*** Exercise inputs Section Begins ***
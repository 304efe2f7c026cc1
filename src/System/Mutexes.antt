-- ===== src/System/Mutexes.antt =====
-- The calls of mutexes of sync.c keep the state of the whole kernel.
use just_rt.Common.{
  ==→eq, subst, ℕ, ◌<◌, ◌≡◌, ◌≢◌, ◌⊎◌, inl, inr, true, ◌==◌, if◌then◌else◌, if_intro, u32_max,
  arith, refl, List, [], ◌∷◌, Bool-cases, ◌∙◌, sym, fun_ext,
}
use just_rt.Kernel.{Kernel}
use just_rt.Kernel.Objects
use just_rt.Wait.{Deadline, outcome_kernel}
use just_rt.Intrusive.Chain.{contains}
use just_rt.Sync.Mutex.{create, link, is_linked, lock, unlock}
use just_rt.Sync.Mutex.State.{MutexOk, lock-MutexOk, unlock-MutexOk}
use just_rt.Sync.Mutex.Registry.{AllOk, create-Registered}
use just_rt.Sync.Mutex.Registry
use just_rt.System.Moves.{Moves-refl}
use just_rt.System.State.{
  idle_index, Moved, SameTimers, SystemOk, SystemOk-Moved, SameTimers-TimersOk,
}
use just_rt.System.Locked.{Locked, lock-Locked, unlock-Locked}

AllOk-map :
    (count count' : ℕ) (mutexes mutexes' : ℕ → Objects.Mutex) (xs : List ℕ)
    → ((p : ℕ) → MutexOk count (mutexes p) → MutexOk count' (mutexes' p))
    → AllOk count mutexes xs
    → AllOk count' mutexes' xs
AllOk-map count count' mutexes mutexes' [] f ok = tt
AllOk-map count count' mutexes mutexes' (x ∷ xs) f (v, ok) =
    (f x v, AllOk-map count count' mutexes mutexes' xs f ok)

AllOk-contains :
    (count : ℕ) (mutexes : ℕ → Objects.Mutex) (xs : List ℕ) (p : ℕ)
    → AllOk count mutexes xs
    → contains xs p ≡ true
    → MutexOk count (mutexes p)
AllOk-contains count mutexes [] p ok h = cc
AllOk-contains count mutexes (x ∷ xs) p (v, ok) h = elim (Bool-cases (x == p)) [
  | inl e ↦ subst (λ q. MutexOk count (mutexes q)) (==→eq x p e) v
  | inr e ↦ AllOk-contains count mutexes xs p ok (rw e at h)
]

Locked-SystemOk :
    (k k' : Kernel)
    → SystemOk k
    → Locked k k'
    → ((p : ℕ) → MutexOk k.task_count (k.mutexes p) → MutexOk k'.task_count (k'.mutexes p))
    → SystemOk k'
Locked-SystemOk k k' ok l f =
    let (xs, r, all) = ok.checked.mutexes in
    SystemOk-Moved k k' ok l.moved
      (
        xs,
        record { chain = rw (fun_ext l.next, l.list) r.chain; counted = l.nodes ∙ r.counted },
        AllOk-map k.task_count k'.task_count k.mutexes k'.mutexes xs f all,
      )
      (SameTimers-TimersOk k k' l.timers ok.checked.timers)

registered-MutexOk :
    (k : Kernel) (m : ℕ) → SystemOk k → is_linked k m ≡ true → MutexOk k.task_count (k.mutexes m)
registered-MutexOk k m ok h =
    let (xs, r, all) = ok.checked.mutexes in
    AllOk-contains k.task_count k.mutexes xs m all (sym (Registry.is_linked-contains k m xs r) ∙ h)

-- `JRT_MutexLock` of a registered mutex that is not held 2 ^ 32 - 1 times.
pub lock-SystemOk :
    (k : Kernel) (m timeout : ℕ) (d : Deadline)
    → SystemOk k
    → k.current ≢ idle_index k
    → m ≢ 0
    → is_linked k m ≡ true
    → (k.mutexes m).recursion < u32_max
    → SystemOk (outcome_kernel (lock k m timeout d))
lock-SystemOk k m timeout d ok hi hm linked hr =
    Locked-SystemOk k _ ok (lock-Locked k m timeout d hi hm)
      (λ p. lock-MutexOk k m timeout p d ok.inside hr (registered-MutexOk k m ok linked))

pub unlock-SystemOk :
    (k : Kernel) (m : ℕ) → SystemOk k → is_linked k m ≡ true → SystemOk (unlock k m).0
unlock-SystemOk k m ok linked =
    Locked-SystemOk k _ ok (unlock-Locked k m)
      (λ p. unlock-MutexOk k m p ok.size (registered-MutexOk k m ok linked))

create-MutexOk :
    (k : Kernel) (m p count : ℕ)
    → (p ≡ m) ⊎ MutexOk count (k.mutexes p)
    → MutexOk count ((create k m).mutexes p)
unfolding create link
create-MutexOk k m p count (inl e) =
    if_intro (λ (after : Kernel). MutexOk count (after.mutexes p)) (is_linked _ m)
      (λ _. ground (arith, e)) (λ _. ground (arith, e))
create-MutexOk k m p count (inr v) =
    if_intro (λ (after : Kernel). MutexOk count (after.mutexes p)) (is_linked _ m)
      (λ _. ground (arith, v)) (λ _. ground (arith, v))

create-Moved : (k : Kernel) (m : ℕ) → Moved k (create k m) × SameTimers k (create k m)
unfolding create link
create-Moved k m =
    if_intro (λ (after : Kernel). Moved k after × SameTimers k after) (is_linked _ m) (λ _. kept)
      (λ _. kept)
  where
    kept :
        {mutexes : ℕ → Objects.Mutex} {list nodes : ℕ}
        → let after : Kernel = record k {
          mutexes = mutexes;
          mutex_list = list;
          mutex_nodes = nodes;
        } in
          Moved k after × SameTimers k after
    kept = (
      record {
        tasks = Moves-refl (idle_index k) k.tasks;
        task_count = refl;
        application = refl;
        current = refl;
      },
      record { timers = refl; list = refl; nodes = refl },
    )

-- `JRT_MutexCreateRecursiveStatic`, also of a mutex that is registered already.
pub create-SystemOk : (k : Kernel) (m : ℕ) → SystemOk k → m ≢ 0 → SystemOk (create k m)
create-SystemOk k m ok hm =
    let (xs, r, all) = ok.checked.mutexes in
    let (moved, timers) = create-Moved k m in
    let kept : AllOk (create k m).task_count (create k m).mutexes xs =
      AllOk-map k.task_count _ k.mutexes _ xs
        (λ p v. create-MutexOk k m p _ (inr (rw moved.task_count v))) all in
    SystemOk-Moved k (create k m) ok moved
      (
        if contains xs m then xs else m ∷ xs,
        create-Registered k m xs hm r,
        if_intro (AllOk (create k m).task_count (create k m).mutexes) (contains xs m) (λ _. kept)
            (λ _. (create-MutexOk k m m _ (inl refl), kept)),
      )
      (SameTimers-TimersOk k (create k m) timers ok.checked.timers)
*** Exercise inputs Section Ends ***
Task →
The data must be given again in full, exactly as written.

Task solution →
repository 304efe2f7c026cc1
filename src/System/Mutexes.antt
-- ===== src/System/Mutexes.antt =====
-- The calls of mutexes of sync.c keep the state of the whole kernel.
use just_rt.Common.{
  ==→eq, subst, ℕ, ◌<◌, ◌≡◌, ◌≢◌, ◌⊎◌, inl, inr, true, ◌==◌, if◌then◌else◌, if_intro, u32_max,
  arith, refl, List, [], ◌∷◌, Bool-cases, ◌∙◌, sym, fun_ext,
}
use just_rt.Kernel.{Kernel}
use just_rt.Kernel.Objects
use just_rt.Wait.{Deadline, outcome_kernel}
use just_rt.Intrusive.Chain.{contains}
use just_rt.Sync.Mutex.{create, link, is_linked, lock, unlock}
use just_rt.Sync.Mutex.State.{MutexOk, lock-MutexOk, unlock-MutexOk}
use just_rt.Sync.Mutex.Registry.{AllOk, create-Registered}
use just_rt.Sync.Mutex.Registry
use just_rt.System.Moves.{Moves-refl}
use just_rt.System.State.{
  idle_index, Moved, SameTimers, SystemOk, SystemOk-Moved, SameTimers-TimersOk,
}
use just_rt.System.Locked.{Locked, lock-Locked, unlock-Locked}

AllOk-map :
    (count count' : ℕ) (mutexes mutexes' : ℕ → Objects.Mutex) (xs : List ℕ)
    → ((p : ℕ) → MutexOk count (mutexes p) → MutexOk count' (mutexes' p))
    → AllOk count mutexes xs
    → AllOk count' mutexes' xs
AllOk-map count count' mutexes mutexes' [] f ok = tt
AllOk-map count count' mutexes mutexes' (x ∷ xs) f (v, ok) =
    (f x v, AllOk-map count count' mutexes mutexes' xs f ok)

AllOk-contains :
    (count : ℕ) (mutexes : ℕ → Objects.Mutex) (xs : List ℕ) (p : ℕ)
    → AllOk count mutexes xs
    → contains xs p ≡ true
    → MutexOk count (mutexes p)
AllOk-contains count mutexes [] p ok h = cc
AllOk-contains count mutexes (x ∷ xs) p (v, ok) h = elim (Bool-cases (x == p)) [
  | inl e ↦ subst (λ q. MutexOk count (mutexes q)) (==→eq x p e) v
  | inr e ↦ AllOk-contains count mutexes xs p ok (rw e at h)
]

Locked-SystemOk :
    (k k' : Kernel)
    → SystemOk k
    → Locked k k'
    → ((p : ℕ) → MutexOk k.task_count (k.mutexes p) → MutexOk k'.task_count (k'.mutexes p))
    → SystemOk k'
Locked-SystemOk k k' ok l f =
    let (xs, r, all) = ok.checked.mutexes in
    SystemOk-Moved k k' ok l.moved
      (
        xs,
        record { chain = rw (fun_ext l.next, l.list) r.chain; counted = l.nodes ∙ r.counted },
        AllOk-map k.task_count k'.task_count k.mutexes k'.mutexes xs f all,
      )
      (SameTimers-TimersOk k k' l.timers ok.checked.timers)

registered-MutexOk :
    (k : Kernel) (m : ℕ) → SystemOk k → is_linked k m ≡ true → MutexOk k.task_count (k.mutexes m)
registered-MutexOk k m ok h =
    let (xs, r, all) = ok.checked.mutexes in
    AllOk-contains k.task_count k.mutexes xs m all (sym (Registry.is_linked-contains k m xs r) ∙ h)

-- `JRT_MutexLock` of a registered mutex that is not held 2 ^ 32 - 1 times.
pub lock-SystemOk :
    (k : Kernel) (m timeout : ℕ) (d : Deadline)
    → SystemOk k
    → k.current ≢ idle_index k
    → m ≢ 0
    → is_linked k m ≡ true
    → (k.mutexes m).recursion < u32_max
    → SystemOk (outcome_kernel (lock k m timeout d))
lock-SystemOk k m timeout d ok hi hm linked hr =
    Locked-SystemOk k _ ok (lock-Locked k m timeout d hi hm)
      (λ p. lock-MutexOk k m timeout p d ok.inside hr (registered-MutexOk k m ok linked))

pub unlock-SystemOk :
    (k : Kernel) (m : ℕ) → SystemOk k → is_linked k m ≡ true → SystemOk (unlock k m).0
unlock-SystemOk k m ok linked =
    Locked-SystemOk k _ ok (unlock-Locked k m)
      (λ p. unlock-MutexOk k m p ok.size (registered-MutexOk k m ok linked))

create-MutexOk :
    (k : Kernel) (m p count : ℕ)
    → (p ≡ m) ⊎ MutexOk count (k.mutexes p)
    → MutexOk count ((create k m).mutexes p)
unfolding create link
create-MutexOk k m p count (inl e) =
    if_intro (λ (after : Kernel). MutexOk count (after.mutexes p)) (is_linked _ m)
      (λ _. ground (arith, e)) (λ _. ground (arith, e))
create-MutexOk k m p count (inr v) =
    if_intro (λ (after : Kernel). MutexOk count (after.mutexes p)) (is_linked _ m)
      (λ _. ground (arith, v)) (λ _. ground (arith, v))

create-Moved : (k : Kernel) (m : ℕ) → Moved k (create k m) × SameTimers k (create k m)
unfolding create link
create-Moved k m =
    if_intro (λ (after : Kernel). Moved k after × SameTimers k after) (is_linked _ m) (λ _. kept)
      (λ _. kept)
  where
    kept :
        {mutexes : ℕ → Objects.Mutex} {list nodes : ℕ}
        → let after : Kernel = record k {
          mutexes = mutexes;
          mutex_list = list;
          mutex_nodes = nodes;
        } in
          Moved k after × SameTimers k after
    kept = (
      record {
        tasks = Moves-refl (idle_index k) k.tasks;
        task_count = refl;
        application = refl;
        current = refl;
      },
      record { timers = refl; list = refl; nodes = refl },
    )

-- `JRT_MutexCreateRecursiveStatic`, also of a mutex that is registered already.
pub create-SystemOk : (k : Kernel) (m : ℕ) → SystemOk k → m ≢ 0 → SystemOk (create k m)
create-SystemOk k m ok hm =
    let (xs, r, all) = ok.checked.mutexes in
    let (moved, timers) = create-Moved k m in
    let kept : AllOk (create k m).task_count (create k m).mutexes xs =
      AllOk-map k.task_count _ k.mutexes _ xs
        (λ p v. create-MutexOk k m p _ (inr (rw moved.task_count v))) all in
    SystemOk-Moved k (create k m) ok moved
      (
        if contains xs m then xs else m ∷ xs,
        create-Registered k m xs hm r,
        if_intro (AllOk (create k m).task_count (create k m).mutexes) (contains xs m) (λ _. kept)
            (λ _. (create-MutexOk k m m _ (inl refl), kept)),
      )
      (SameTimers-TimersOk k (create k m) timers ok.checked.timers)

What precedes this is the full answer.